The vast majority of software licenses provide a choice of law clause specifying that their terms shall be interpreted according to the laws of and enforced by the courts of a specific legal jurisdiction, typically the jurisdiction in which the software publisher is headquartered.

For example, the license for CentreSuite (a product I picked at random, no affiliation) provides that (emphasis in original):

Governing Law and Jurisdiction. You and Provider agree that all matters arising from or relating to the Provider’s provision of the Application(s), Related Services, Information, and your access to and use thereof, shall be governed by the laws of the State of Colorado and the United States, without regard to conflict of laws principles. You and Provider agree to submit to the exclusive personal jurisdiction and venue of the appropriate state or federal court located in Denver, Colorado, USA with respect to all such matters.

These clauses are quite common. Apple software generally includes a choice of law provision of California law. Microsoft prefers that their licenses be interpreted under the laws of Washington State, where they are headquartered.

My understanding is that these clauses are inserted in order to make enforcement of the license by the publisher easier and more certain.
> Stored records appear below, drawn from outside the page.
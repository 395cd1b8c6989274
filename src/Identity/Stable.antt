-- ===== src/Identity/Stable.antt =====
-- internal/tlsutil/tlsutil.go: a target keeps its certificate from one run to the next.
use ea_share.Base.{
  ◌≡◌, refl, sym, true, Bool-cases, Option, Option-cases, inl, inr, none, some, Bytes, arith,
}
use ea_share.Identity.{
  Crypto, Files, Access, Fresh, load_key_pair, generate, store, load_or_generate_cert,
}

module _ (c : Crypto) where
  store-loads :
      (os later : Access) (f g : Files) (made : Option (Bytes × Bytes)) (cert : Bytes)
      → store c os f made ≡ (g, some cert)
      → later.reads ≡ true
      → load_key_pair c later g ≡ some cert
  unfolding store load_key_pair
  store-loads os later f g none cert h r = cc
  store-loads os later f g (some (pem, key)) cert h r = ground arith

  load_key_pair-later :
      (os later : Access) (f : Files) (cert : Bytes)
      → load_key_pair c os f ≡ some cert
      → later.reads ≡ true
      → load_key_pair c later f ≡ some cert
  unfolding load_key_pair
  load_key_pair-later os later f cert h r = ground arith

  loads :
      (os later : Access) (fresh : Fresh) (f g : Files) (cert : Bytes)
      → load_or_generate_cert c os fresh f ≡ (g, some cert)
      → later.reads ≡ true
      → load_key_pair c later g ≡ some cert
  unfolding load_or_generate_cert
  loads os later fresh f g cert h r = elim (Option-cases (load_key_pair c os f)) [
    | inr (old, e) ↦
        let h' = rw (e, load_or_generate_cert) at h in
        let same : f ≡ g = cc in
        let kept : old ≡ cert = cc in
        rw (sym same, sym kept) (load_key_pair-later os later f old e r)
    | inl e ↦
        let h' = rw (e, load_or_generate_cert) at h in
        elim (Bool-cases os.makes_dir) [
          | inl m ↦ store-loads os later f g (generate c fresh) cert (rw m at h') r
          | inr m ↦ let no = rw m at h' in cc
        ]
  ]

  -- A start that has a certificate leaves it in the files: the next start that can read them has the same one,
  -- and changes nothing.
  pub load_or_generate_cert_again :
      (os later : Access) (fresh fresh' : Fresh) (f g : Files) (cert : Bytes)
      → load_or_generate_cert c os fresh f ≡ (g, some cert)
      → later.reads ≡ true
      → load_or_generate_cert c later fresh' g ≡ (g, some cert)
  unfolding load_or_generate_cert
  load_or_generate_cert_again os later fresh fresh' f g cert h r =
      rw (load_or_generate_cert, loads os later fresh f g cert h r) refl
The publisher does not need to spend a large amount of time or effort figuring out how their license would be interpreted under the laws of Uzbekistan, Rwanda, or Argentina, as the user has already agreed that the license can only be interpreted and enforced under the courts of Colorado and the US federal government.
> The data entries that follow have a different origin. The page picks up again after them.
-- ===== src/Identity/Fingerprint.antt =====
-- internal/tlsutil/tlsutil.go: the text of a fingerprint tells the digest.
use Prim.Native.String.{[] as empty, ◌∷◌ as cons, ◌++◌ as text_append}
use Prim.Native.Char.{Char, code}
use text.Mathlib.TextLemmas.{cons-append, nil-append}
use ea_share.Base.{
  ℕ, zero, suc, ◌+◌, ◌-◌, ◌*◌, ◌/◌, ◌%◌, ◌<◌, ◌==◌, ◌≡◌, ◌↔◌, refl, sym, ◌∙◌, ap, String, Bool,
  true, ◌&&◌, [], ◌∷◌, map, All, Bytes, IsByte, arith, digit, leb, if◌then◌else◌,
}
use ea_share.Identity.{Crypto, hex_part, joined, fingerprint}

-- The number of a digit, and the bytes that a text of pairs with colons between them stands for.
abbrev value : Char → ℕ
value c = if leb (code c) 57 then code c - 48 else code c - 55

read_pairs : String → Bytes
read_pairs (cons a (cons b (cons colon s))) = (value a * 16 + value b) ∷ read_pairs s
read_pairs (cons a (cons b empty)) = (value a * 16 + value b) ∷ []
read_pairs _ = []

-- The digit at a place in a text that has one there.
digit_at : ℕ → String → Char → Char
digit_at n empty c = c
digit_at zero (cons d ds) c = d
digit_at (suc n) (cons d ds) c = digit_at n ds c

size : String → ℕ
size empty = 0
size (cons c s) = suc (size s)

digit-cons :
    (n : ℕ) (ds s : String) (c : Char) → n < size ds → digit n ds s ≡ cons (digit_at n ds c) s
unfolding digit digit_at size
digit-cons n empty s c h = absurd (omega arith)
digit-cons zero (cons d ds) s c h = refl
digit-cons (suc n) (cons d ds) s c h = digit-cons n ds s c (omega arith)

-- Every digit has its value.
all_values : ℕ → Char → Bool
all_values zero c = true
all_values (suc n) c = value (digit_at n "0123456789ABCDEF" c) == n && all_values n c

value-digit :
    (m n : ℕ) (c : Char)
    → all_values m c ≡ true
    → n < m
    → value (digit_at n "0123456789ABCDEF" c) ≡ n
unfolding all_values
value-digit zero n c h l = absurd (omega arith)
value-digit (suc m) n c h l = ground (arith, value-digit m n c)

-- The two digits of a byte.
high : ℕ → Char
high b = digit_at (b / 16) "0123456789ABCDEF" "0"

low : ℕ → Char
low b = digit_at (b % 16) "0123456789ABCDEF" "0"

hex_part-cons : (b : ℕ) → IsByte b → hex_part b ≡ cons (high b) (cons (low b) empty)
unfolding hex_part high low size
hex_part-cons b h =
    rw (digit-cons (b % 16) "0123456789ABCDEF" "" "0" (omega arith))
      (digit-cons (b / 16) "0123456789ABCDEF" (cons (low b) empty) "0" (omega arith))

byte_of_digits : (b : ℕ) → IsByte b → value (high b) * 16 + value (low b) ≡ b
unfolding high low all_values digit_at
byte_of_digits b h = omega (
  arith,
  value-digit 16 (b / 16) "0" refl (omega arith),
  value-digit 16 (b % 16) "0" refl (omega arith),
)

read_pairs-pair :
    (x y colon : Char) (s : String)
    → read_pairs (text_append (cons x (cons y empty)) (text_append (cons colon empty) s))
      ≡ (value x * 16 + value y) ∷ read_pairs s
unfolding read_pairs
read_pairs-pair x y colon s =
    rw
      (
        cons-append x (cons y empty) (text_append (cons colon empty) s),
        cons-append y empty (text_append (cons colon empty) s),
        nil-append (text_append (cons colon empty) s),
        cons-append colon empty s,
        nil-append s,
      )
      refl

read_pairs-joined : (bs : Bytes) → All IsByte bs → read_pairs (joined (map hex_part bs)) ≡ bs
unfolding read_pairs joined
read_pairs-joined [] h = refl
read_pairs-joined (b ∷ []) (l, h) = rw (hex_part-cons b l) (ap (λ x. x ∷ []) (byte_of_digits b l))
read_pairs-joined (b ∷ d ∷ bs) (l, h) =
    rw (hex_part-cons b l, read_pairs-pair (high b) (low b) ":" (joined (map hex_part (d ∷ bs))))
      (rw (byte_of_digits b l, read_pairs-joined (d ∷ bs) h) refl)

-- Two certificates have the same fingerprint exactly if they have the same digest.
pub fingerprint_iff :
    (c : Crypto) (der other : Bytes)
    → All IsByte (c.sum256 der)
    → All IsByte (c.sum256 other)
    → fingerprint c der ≡ fingerprint c other ↔ c.sum256 der ≡ c.sum256 other
unfolding fingerprint
fingerprint_iff c der other h k = (
  λ e.
      sym (read_pairs-joined (c.sum256 der) h)
      ∙ ap read_pairs e
      ∙ read_pairs-joined (c.sum256 other) k,
  λ e. ap (λ digest. joined (map hex_part digest)) e,
)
I noticed that nowhere in the text of the GPL 3.0 is a jurisdiction mentioned.

Is there a reason why there is no jurisdiction mentioned in the GPL? On the one hand, it makes sense to not tie the GPL too tightly to the whims of any specific political entity, but it also makes me wonder whether there could be some jurisdiction out there whose laws or courts are likely to interpret GPL clauses in ways that are widely divergent from the ways in which they are generally interpreted, or even perhaps find entire sections of the GPL unenforceable.

For example, suppose I am in possession of the object code of a GPL 3.0-licensed work and I approach the distributor pursuant to Section 6 to demand a copy of the source code. The distributor responds that they are in Ruritania and that Section 6 is unenforceable in Ruritania under the No Mandatory Software Disclosures (Ruritania) Act 2022. What is supposed to happen? Does Richard Stallman lead an army of Space Marines to topple the Ruritanian government and install a puppet regime loyal to him? Does the FOSS community get together to boycott Ruritania and/or those who hide behind Ruritanian law to do something that the FOSS community does not agree with? Does everyone just sort of shrug and go back to whatever they were doing before?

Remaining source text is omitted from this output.